Most surprisingly, we found even fats made using the carbon and hydrogen atoms in natural gas would still emit less CO2 than the agriculturally derived fats we eat today. Yes, after eating these fats you would exhale CO2 that started as fossil carbon — but that would be offset by much lower greenhouse gas emissions during production.

Synthetic foods have potential benefits beyond lower greenhouse gas emissions. One would be the ability to produce food anywhere, no matter the weather, the soil or what climate change does to growing regions. Another would be in the fight against global hunger, since synthetic fats could reach costs as low as the cheapest vegetable oils today. Dialing back agriculture worldwide could also make vast tracts of cultivated land available for increased biodiversity and forests that could soak up carbon in the air. In these and many other ways, reducing humanity’s parasitism on plants and animals is almost certainly better for the natural world.

The bigger picture

To be sure, we understand there could also be downsides. Millions of people rely on agricultural jobs for their livelihoods. And while fats are simple molecules easy to produce at high purity using chemistry, if companies try to move into producing more complicated proteins or even carbohydrates, we might find unhappy compromises between the processed ‘soylents’ of the future and the foods we know and love today.
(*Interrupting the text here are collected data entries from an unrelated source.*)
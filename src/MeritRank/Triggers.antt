-- ===== src/MeritRank/Triggers.antt =====
-- The triggers of meritmolt/schema/ddl.py on one upsert.
use meritmolt.Prelude.{
  ◌≡◌, refl, sym, ◌∙◌, Bool, true, false, not, ◌&&◌, none, some, [], ◌∷◌, ◌++◌, is_none, and_parts,
  Bool-cases, Option-cases, inl, inr,
}
use meritmolt.Text.{Text}
use meritmolt.Subscriptions.{bump_vsids}
use meritmolt.Subscriptions.Edges.{IsPlain}
use meritmolt.MeritRank.{
  Post, Comment, Names, Lake, has_post_id, has_comment_id, find_post, find_comment, enriched_post,
  enriched_comment, write_post, write_comment, notify_post_insert, notify_comment_insert,
  parent_known, is_known, upsert_post, upsert_comment, Upsert, of_post, of_comment, upsert,
}
use meritmolt.MeritRank.Weights.{touches_post, notify_post-weight}
use meritmolt.MeritRank.Touched.{IsPlainParent, HasParentIn, touches_comment, notify_comment-weight}
use meritmolt.MeritRank.NewPost.{
  with_post, new_post-found, new_post-PostIn, new_post-CommentIn, new_post-weight,
}
use meritmolt.MeritRank.NewComment.{
  new_comment-CommentIn, old_comments-CommentIn, new_comment-weight,
}
use meritmolt.MeritRank.Steady.{IsSteady, IsInStep, update_if_same, not-false, parent_in}

module _ (names : Names) (lake : Lake) (h : IsInStep names lake) where
  write_post-IsInStep :
      (p : Post)
      → IsSteady lake (of_post p)
      → IsInStep names (write_post names (find_post lake.posts p.id) p lake)
  unfolding write_post
  write_post-IsInStep p (id_plain, author_plain, same) =
      elim (Option-cases (find_post lake.posts p.id)) [
        | inr (old, e) ↦
            rw (e, update_if_same (has_post_id p.id) (enriched_post p) lake.posts same)
              (record {
                sound = record {
                  sound_posts = h.sound.sound_posts;
                  sound_comments = h.sound.sound_comments;
                };
                agrees = h.agrees;
              })
        | inl n ↦ rw n (
            inserted (record p { ticker = bump_vsids p.author_id lake.vsids p.author_id }) n
              id_plain author_plain)
      ]
    where
      inserted :
          (row : Post)
          → find_post lake.posts row.id ≡ none
          → IsPlain row.id
          → IsPlain row.author_id
          → IsInStep names (record lake {
            posts = lake.posts ++ row ∷ [];
            vsids = bump_vsids p.author_id lake.vsids;
            calls = notify_post_insert names row lake.calls;
          })
      inserted row n k l = record {
        sound = record {
          sound_posts = new_post-PostIn lake.posts row n k l h.sound.sound_posts;
          sound_comments =
              new_post-CommentIn lake.posts row n lake.comments lake.comments
                h.sound.sound_comments;
        };
        agrees = λ s d b.
            notify_post-weight s d b names (with_post lake.posts row n) lake.comments row lake.calls
              (new_post-found lake.posts row n) k l
            ∙ elim (Bool-cases (touches_post s d b names row)) [
              | inl t ↦ rw t refl
              | inr f ↦ rw f (
                  h.agrees s d b
                  ∙ sym (
                      new_post-weight lake.posts row n names lake.comments s d b
                        h.sound.sound_comments f))
            ];
      }

  write_comment-IsInStep :
      (c : Comment)
      → is_none (find_post lake.posts c.post_id) ≡ false
      → parent_known lake.comments c.id c.parent_id ≡ true
      → IsSteady lake (of_comment c)
      → IsInStep names (write_comment names (find_comment lake.comments c.id) c lake)
  unfolding write_comment
  write_comment-IsInStep c on_post parent (k, l, m, o, same, at_post) =
      elim (Option-cases (find_comment lake.comments c.id)) [
        | inr (old, e) ↦
            rw (e, update_if_same (has_comment_id c.id) (enriched_comment c) lake.comments same)
              (record {
                sound = record {
                  sound_posts = h.sound.sound_posts;
                  sound_comments = h.sound.sound_comments;
                };
                agrees = h.agrees;
              })
        | inl n ↦ elim (Option-cases (find_post lake.posts c.post_id)) [
          | inl gone ↦ absurd (let z : true ≡ false = rw gone at on_post in cc)
          | inr (post, e) ↦
              let row = record c { ticker = bump_vsids c.author_id lake.vsids c.author_id } in
              rw n (
                inserted row post n e
                  (parent_in lake.posts lake.comments row n row.parent_id parent at_post)
                  (k, l, m, o))
        ]
      ]
    where
      inserted :
          (row : Comment) (post : Post)
          → find_comment lake.comments row.id ≡ none
          → find_post lake.posts row.post_id ≡ some post
          → HasParentIn (lake.comments ++ row ∷ []) row.post_id row.parent_id
          → IsPlain row.id
            × IsPlain row.author_id
            × IsPlain row.post_id
            × IsPlainParent row.parent_id
          → IsInStep names (record lake {
            comments = lake.comments ++ row ∷ [];
            vsids = bump_vsids c.author_id lake.vsids;
            calls =
                notify_comment_insert names lake.posts (lake.comments ++ row ∷ []) row lake.calls;
          })
      inserted row post n e q plain =
          let own = new_comment-CommentIn lake.posts lake.comments row n post e q plain in
          record {
            sound = record {
              sound_posts = h.sound.sound_posts;
              sound_comments =
                  old_comments-CommentIn lake.posts lake.comments row n h.sound.sound_comments own;
            };
            agrees = λ s d b.
                notify_comment-weight names lake.posts (lake.comments ++ row ∷ []) s d b row post
                  lake.calls own.found e q plain
                ∙ elim (Bool-cases
                    (touches_comment names lake.posts (lake.comments ++ row ∷ []) s d b row)) [
                      | inl t ↦ rw t refl
                      | inr f ↦ rw f (
                          h.agrees s d b
                          ∙ sym (
                              new_comment-weight lake.posts lake.comments row n names s d b
                                h.sound.sound_comments own f))
                    ];
          }

  pub upsert-IsInStep :
      (known : Text → Bool) (u : Upsert)
      → IsSteady lake u
      → IsInStep names (upsert names known u lake)
  unfolding upsert upsert_post upsert_comment
  upsert-IsInStep known (of_post p) k =
      elim (Bool-cases (known p.author_id && is_known names p.submolt_id)) [
        | inl t ↦ rw t (write_post-IsInStep p k)
        | inr f ↦ rw f h
      ]
  upsert-IsInStep known (of_comment c) k =
      let on_post = not (is_none (find_post lake.posts c.post_id)) in
      let parent = parent_known lake.comments c.id c.parent_id in
      elim (Bool-cases (known c.author_id && (on_post && parent))) [
        | inr f ↦ rw f h
        | inl t ↦
            let (x, y) = and_parts (known c.author_id) (on_post && parent) t in
            let (z, w) = and_parts on_post parent y in
            rw t (
              write_comment-IsInStep c (not-false (is_none (find_post lake.posts c.post_id)) z) w k)
      ]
It’s possible our children could live in a future with less agriculture. Over the past few thousand years, our ancestors went from hunting and gathering — living within natural ecosystems — to using agricultural technology to corral, control and feed on ecosystems. Perhaps it’s time to free some of those ecosystems again by taking food production into our own hands.

Editor’s note: Investors in Savor include Breakthrough Energy Ventures, a program of Breakthrough Energy, which also supports Cipher. Orca Sciences is hosted by Gates Ventures, which is owned by Bill Gates, who also founded Breakthrough Energy. Gates and Ian McKay are both investors in Savor.